:: Given data ::
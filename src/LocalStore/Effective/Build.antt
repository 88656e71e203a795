-- ===== src/LocalStore/Effective/Build.antt =====
-- When sources can be merged, and what is then in effect.
use lorelum.Prelude.{
  ok_inj, >>=-ok, ◌≡◌, ◌↔◌, refl, sym, ap, ◌∙◌, List, [], ◌∷◌, Bool, true, false, Option, none,
  some, Text, text_eq, text_eq_iff, text_eq_refl, get, get_unlisted, keep, sort, All, All-imp,
  if◌then◌else◌, arith, Bool-cases, inl, inr, ◌⊎◌,
}
use lorelum.LocalStore.Effective.{
  PracticeSource, EffectivePractice, ok, practice_before, or_empty, group_sources, merge_groups,
  build_effective_practices,
}
use lorelum.LocalStore.Effective.Delta.{digest_of, Unique}
use lorelum.LocalStore.Effective.Groups.{
  of_practice, source_digest, IsCoherent, group_digest, Agrees, source_digest-keep,
  get-group_sources, group_sources-Unique, chosen, AllAgree,
}
use lorelum.LocalStore.Effective.MergeGroups.{
  Merged, merge_groups-ok, merge_groups-of-agree, digest_of-sort,
}

abbrev groups_of : List PracticeSource → List (Text × List PracticeSource)
groups_of ss = group_sources [] ss

group_of :
    (id : Text) (ss : List PracticeSource)
    → or_empty (get id (groups_of ss)) ≡ keep (of_practice id) ss
group_of id ss = get-group_sources id [] ss ∙ (unfold get in refl)

module _ (P : PracticeSource → Type 0) (p : PracticeSource → Bool) where
  All-of-keep : (xs : List PracticeSource) → All P (keep p xs) → All (λ x. p x ≡ true → P x) xs
  unfolding keep
  All-of-keep [] h = tt
  All-of-keep (x ∷ xs) h = elim (Bool-cases (p x)) [
    | inl e ↦ let k : P x × All P (keep p xs) = rw e at h in (λ t. k.0, All-of-keep xs k.1)
    | inr e ↦ (λ t. absurd (ground (arith, e)), All-of-keep xs (rw e at h))
  ]

  All-keep : (xs : List PracticeSource) → All (λ x. p x ≡ true → P x) xs → All P (keep p xs)
  unfolding keep
  All-keep [] h = tt
  All-keep (x ∷ xs) (k, h) = elim (Bool-cases (p x)) [
    | inl e ↦ rw e (k e, All-keep xs h)
    | inr e ↦ rw e (All-keep xs h)
  ]

each_own :
    (Q : Text → PracticeSource → Type 0) (xs : List PracticeSource)
    → ((id : Text) → All (λ s. of_practice id s ≡ true → Q id s) xs)
    → All (λ s. Q s.practice_id s) xs
each_own Q [] h = tt
each_own Q (s ∷ xs) h =
    ((h s.practice_id).0 (text_eq_refl s.practice_id), each_own Q xs (λ id. (h id).1))

agree_at :
    (id : Text) (groups : List (Text × List PracticeSource))
    → AllAgree groups
    → Agrees (or_empty (get id groups))
unfolding get
agree_at id [] a = tt
agree_at id ((j, g) ∷ groups) (a, as') = elim (Bool-cases (text_eq j id)) [
  | inl e ↦ rw e a
  | inr e ↦ rw e (agree_at id groups as')
]

agree_of_at :
    (groups : List (Text × List PracticeSource))
    → Unique groups
    → ((id : Text) → Agrees (or_empty (get id groups)))
    → AllAgree groups
unfolding get
agree_of_at [] u h = tt
agree_of_at ((j, g) ∷ groups) (new, u) h = (
  subst_refl (text_eq_refl j) (h j),
  agree_of_at groups u (λ id. tail_at id (Bool-cases (text_eq j id)) (h id)),
)
  where
    subst_refl :
        text_eq j j ≡ true
        → Agrees (or_empty (if text_eq j j then some g else get j groups))
        → Agrees g
    subst_refl e a = rw e at a

    tail_at :
        (id : Text)
        → (text_eq j id ≡ true) ⊎ (text_eq j id ≡ false)
        → Agrees (or_empty (if text_eq j id then some g else get id groups))
        → Agrees (or_empty (get id groups))
    tail_at id (inl e) a = rw (← (text_eq_iff j id).0 e, get_unlisted j groups new) tt
    tail_at id (inr e) a = rw e at a

agree-IsCoherent : (ss : List PracticeSource) → AllAgree (groups_of ss) → IsCoherent ss
agree-IsCoherent ss a = each_own (λ id s. source_digest id ss ≡ some s.content_digest) ss at_id
  where
    at_id :
        (id : Text)
        → All (λ s. of_practice id s ≡ true → source_digest id ss ≡ some s.content_digest) ss
    at_id id =
        All-of-keep (λ s. source_digest id ss ≡ some s.content_digest) (of_practice id) ss
          (rw (source_digest-keep id ss) at (rw (group_of id ss) at (agree_at id (groups_of ss) a)))

coherent_agree : (ss : List PracticeSource) → IsCoherent ss → AllAgree (groups_of ss)
coherent_agree ss c =
    agree_of_at (groups_of ss) (group_sources-Unique [] ss tt) λ id. rw (group_of id ss) (own id)
  where
    own : (id : Text) → Agrees (keep (of_practice id) ss)
    own id = rw (source_digest-keep id ss) (
        All-keep (λ s. source_digest id ss ≡ some s.content_digest) (of_practice id) ss
          (All-imp (λ s. source_digest s.practice_id ss ≡ some s.content_digest) _
            (λ s e k.
              ap (λ (j : Text). source_digest j ss) (sym ((text_eq_iff s.practice_id id).0 k)) ∙ e)
            ss c))

-- Where a merge of sources succeeded, no two of them claim different digests for one practice, and
-- each practice is in effect under the digest that its sources claim, and no other practice.
pub build_effective_practices_ok :
    (ss : List PracticeSource) (ps : List EffectivePractice)
    → build_effective_practices ss ≡ ok ps
    → IsCoherent ss × ((id : Text) → digest_of id ps ≡ source_digest id ss)
unfolding build_effective_practices
build_effective_practices_ok ss ps h =
    let (merged, ran, sorted) = >>=-ok (merge_groups (groups_of ss)) _ h in
    let m = merge_groups-ok (groups_of ss) merged (group_sources-Unique [] ss tt) ran in
    (agree-IsCoherent ss m.agree, λ id. rw (← ok_inj sorted) (digests merged m id))
  where
    digests :
        (merged : List EffectivePractice)
        → Merged (groups_of ss) merged
        → (id : Text) → digest_of id (sort practice_before merged) ≡ source_digest id ss
    digests merged m id =
        unfold digest_of in
        digest_of-sort none id merged m.once
        ∙ m.digests none id
        ∙ from_group (get id (groups_of ss))
        ∙ ap (λ (g : List PracticeSource). group_digest g none) (group_of id ss)
        ∙ source_digest-keep id ss
      where
        from_group :
            (o : Option (List PracticeSource)) → chosen o none ≡ group_digest (or_empty o) none
        from_group none = refl
        from_group (some g) = refl

-- Sources can be merged exactly when no two of them claim different digests for one practice.
pub build_effective_practices_iff :
    (ss : List PracticeSource)
    → ((ps : List EffectivePractice) × (build_effective_practices ss ≡ ok ps)) ↔ IsCoherent ss
build_effective_practices_iff ss = (λ (ps, h). (build_effective_practices_ok ss ps h).0, merge)
  where
    merge : IsCoherent ss → (ps : List EffectivePractice) × (build_effective_practices ss ≡ ok ps)
    merge c =
        let (merged, ran) = merge_groups-of-agree (groups_of ss) (coherent_agree ss c) in
        (sort practice_before merged, unfold build_effective_practices in rw ran refl)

:: Exercise goal ::
Line by line, copy the records exactly.

:: Your solution ::
filename src/LocalStore/Effective/Build.antt
repository 88656e71e203a795
-- ===== src/LocalStore/Effective/Build.antt =====
-- When sources can be merged, and what is then in effect.
use lorelum.Prelude.{
  ok_inj, >>=-ok, ◌≡◌, ◌↔◌, refl, sym, ap, ◌∙◌, List, [], ◌∷◌, Bool, true, false, Option, none,
  some, Text, text_eq, text_eq_iff, text_eq_refl, get, get_unlisted, keep, sort, All, All-imp,
  if◌then◌else◌, arith, Bool-cases, inl, inr, ◌⊎◌,
}
use lorelum.LocalStore.Effective.{
  PracticeSource, EffectivePractice, ok, practice_before, or_empty, group_sources, merge_groups,
  build_effective_practices,
}
use lorelum.LocalStore.Effective.Delta.{digest_of, Unique}
use lorelum.LocalStore.Effective.Groups.{
  of_practice, source_digest, IsCoherent, group_digest, Agrees, source_digest-keep,
  get-group_sources, group_sources-Unique, chosen, AllAgree,
}
use lorelum.LocalStore.Effective.MergeGroups.{
  Merged, merge_groups-ok, merge_groups-of-agree, digest_of-sort,
}

abbrev groups_of : List PracticeSource → List (Text × List PracticeSource)
groups_of ss = group_sources [] ss

group_of :
    (id : Text) (ss : List PracticeSource)
    → or_empty (get id (groups_of ss)) ≡ keep (of_practice id) ss
group_of id ss = get-group_sources id [] ss ∙ (unfold get in refl)

module _ (P : PracticeSource → Type 0) (p : PracticeSource → Bool) where
  All-of-keep : (xs : List PracticeSource) → All P (keep p xs) → All (λ x. p x ≡ true → P x) xs
  unfolding keep
  All-of-keep [] h = tt
  All-of-keep (x ∷ xs) h = elim (Bool-cases (p x)) [
    | inl e ↦ let k : P x × All P (keep p xs) = rw e at h in (λ t. k.0, All-of-keep xs k.1)
    | inr e ↦ (λ t. absurd (ground (arith, e)), All-of-keep xs (rw e at h))
  ]

  All-keep : (xs : List PracticeSource) → All (λ x. p x ≡ true → P x) xs → All P (keep p xs)
  unfolding keep
  All-keep [] h = tt
  All-keep (x ∷ xs) (k, h) = elim (Bool-cases (p x)) [
    | inl e ↦ rw e (k e, All-keep xs h)
    | inr e ↦ rw e (All-keep xs h)
  ]

each_own :
    (Q : Text → PracticeSource → Type 0) (xs : List PracticeSource)
    → ((id : Text) → All (λ s. of_practice id s ≡ true → Q id s) xs)
    → All (λ s. Q s.practice_id s) xs
each_own Q [] h = tt
each_own Q (s ∷ xs) h =
    ((h s.practice_id).0 (text_eq_refl s.practice_id), each_own Q xs (λ id. (h id).1))

agree_at :
    (id : Text) (groups : List (Text × List PracticeSource))
    → AllAgree groups
    → Agrees (or_empty (get id groups))
unfolding get
agree_at id [] a = tt
agree_at id ((j, g) ∷ groups) (a, as') = elim (Bool-cases (text_eq j id)) [
  | inl e ↦ rw e a
  | inr e ↦ rw e (agree_at id groups as')
]

agree_of_at :
    (groups : List (Text × List PracticeSource))
    → Unique groups
    → ((id : Text) → Agrees (or_empty (get id groups)))
    → AllAgree groups
unfolding get
agree_of_at [] u h = tt
agree_of_at ((j, g) ∷ groups) (new, u) h = (
  subst_refl (text_eq_refl j) (h j),
  agree_of_at groups u (λ id. tail_at id (Bool-cases (text_eq j id)) (h id)),
)
  where
    subst_refl :
        text_eq j j ≡ true
        → Agrees (or_empty (if text_eq j j then some g else get j groups))
        → Agrees g
    subst_refl e a = rw e at a

    tail_at :
        (id : Text)
        → (text_eq j id ≡ true) ⊎ (text_eq j id ≡ false)
        → Agrees (or_empty (if text_eq j id then some g else get id groups))
        → Agrees (or_empty (get id groups))
    tail_at id (inl e) a = rw (← (text_eq_iff j id).0 e, get_unlisted j groups new) tt
    tail_at id (inr e) a = rw e at a

agree-IsCoherent : (ss : List PracticeSource) → AllAgree (groups_of ss) → IsCoherent ss
agree-IsCoherent ss a = each_own (λ id s. source_digest id ss ≡ some s.content_digest) ss at_id
  where
    at_id :
        (id : Text)
        → All (λ s. of_practice id s ≡ true → source_digest id ss ≡ some s.content_digest) ss
    at_id id =
        All-of-keep (λ s. source_digest id ss ≡ some s.content_digest) (of_practice id) ss
          (rw (source_digest-keep id ss) at (rw (group_of id ss) at (agree_at id (groups_of ss) a)))

coherent_agree : (ss : List PracticeSource) → IsCoherent ss → AllAgree (groups_of ss)
coherent_agree ss c =
    agree_of_at (groups_of ss) (group_sources-Unique [] ss tt) λ id. rw (group_of id ss) (own id)
  where
    own : (id : Text) → Agrees (keep (of_practice id) ss)
    own id = rw (source_digest-keep id ss) (
        All-keep (λ s. source_digest id ss ≡ some s.content_digest) (of_practice id) ss
          (All-imp (λ s. source_digest s.practice_id ss ≡ some s.content_digest) _
            (λ s e k.
              ap (λ (j : Text). source_digest j ss) (sym ((text_eq_iff s.practice_id id).0 k)) ∙ e)
            ss c))

-- Where a merge of sources succeeded, no two of them claim different digests for one practice, and
-- each practice is in effect under the digest that its sources claim, and no other practice.
pub build_effective_practices_ok :
    (ss : List PracticeSource) (ps : List EffectivePractice)
    → build_effective_practices ss ≡ ok ps
    → IsCoherent ss × ((id : Text) → digest_of id ps ≡ source_digest id ss)
unfolding build_effective_practices
build_effective_practices_ok ss ps h =
    let (merged, ran, sorted) = >>=-ok (merge_groups (groups_of ss)) _ h in
    let m = merge_groups-ok (groups_of ss) merged (group_sources-Unique [] ss tt) ran in
    (agree-IsCoherent ss m.agree, λ id. rw (← ok_inj sorted) (digests merged m id))
  where
    digests :
        (merged : List EffectivePractice)
        → Merged (groups_of ss) merged
        → (id : Text) → digest_of id (sort practice_before merged) ≡ source_digest id ss
    digests merged m id =
        unfold digest_of in
        digest_of-sort none id merged m.once
        ∙ m.digests none id
        ∙ from_group (get id (groups_of ss))
        ∙ ap (λ (g : List PracticeSource). group_digest g none) (group_of id ss)
        ∙ source_digest-keep id ss
      where
        from_group :
            (o : Option (List PracticeSource)) → chosen o none ≡ group_digest (or_empty o) none
        from_group none = refl
        from_group (some g) = refl

-- Sources can be merged exactly when no two of them claim different digests for one practice.
pub build_effective_practices_iff :
    (ss : List PracticeSource)
    → ((ps : List EffectivePractice) × (build_effective_practices ss ≡ ok ps)) ↔ IsCoherent ss
build_effective_practices_iff ss = (λ (ps, h). (build_effective_practices_ok ss ps h).0, merge)
  where
    merge : IsCoherent ss → (ps : List EffectivePractice) × (build_effective_practices ss ≡ ok ps)
    merge c =
        let (merged, ran) = merge_groups-of-agree (groups_of ss) (coherent_agree ss c) in
        (sort practice_before merged, unfold build_effective_practices in rw ran refl)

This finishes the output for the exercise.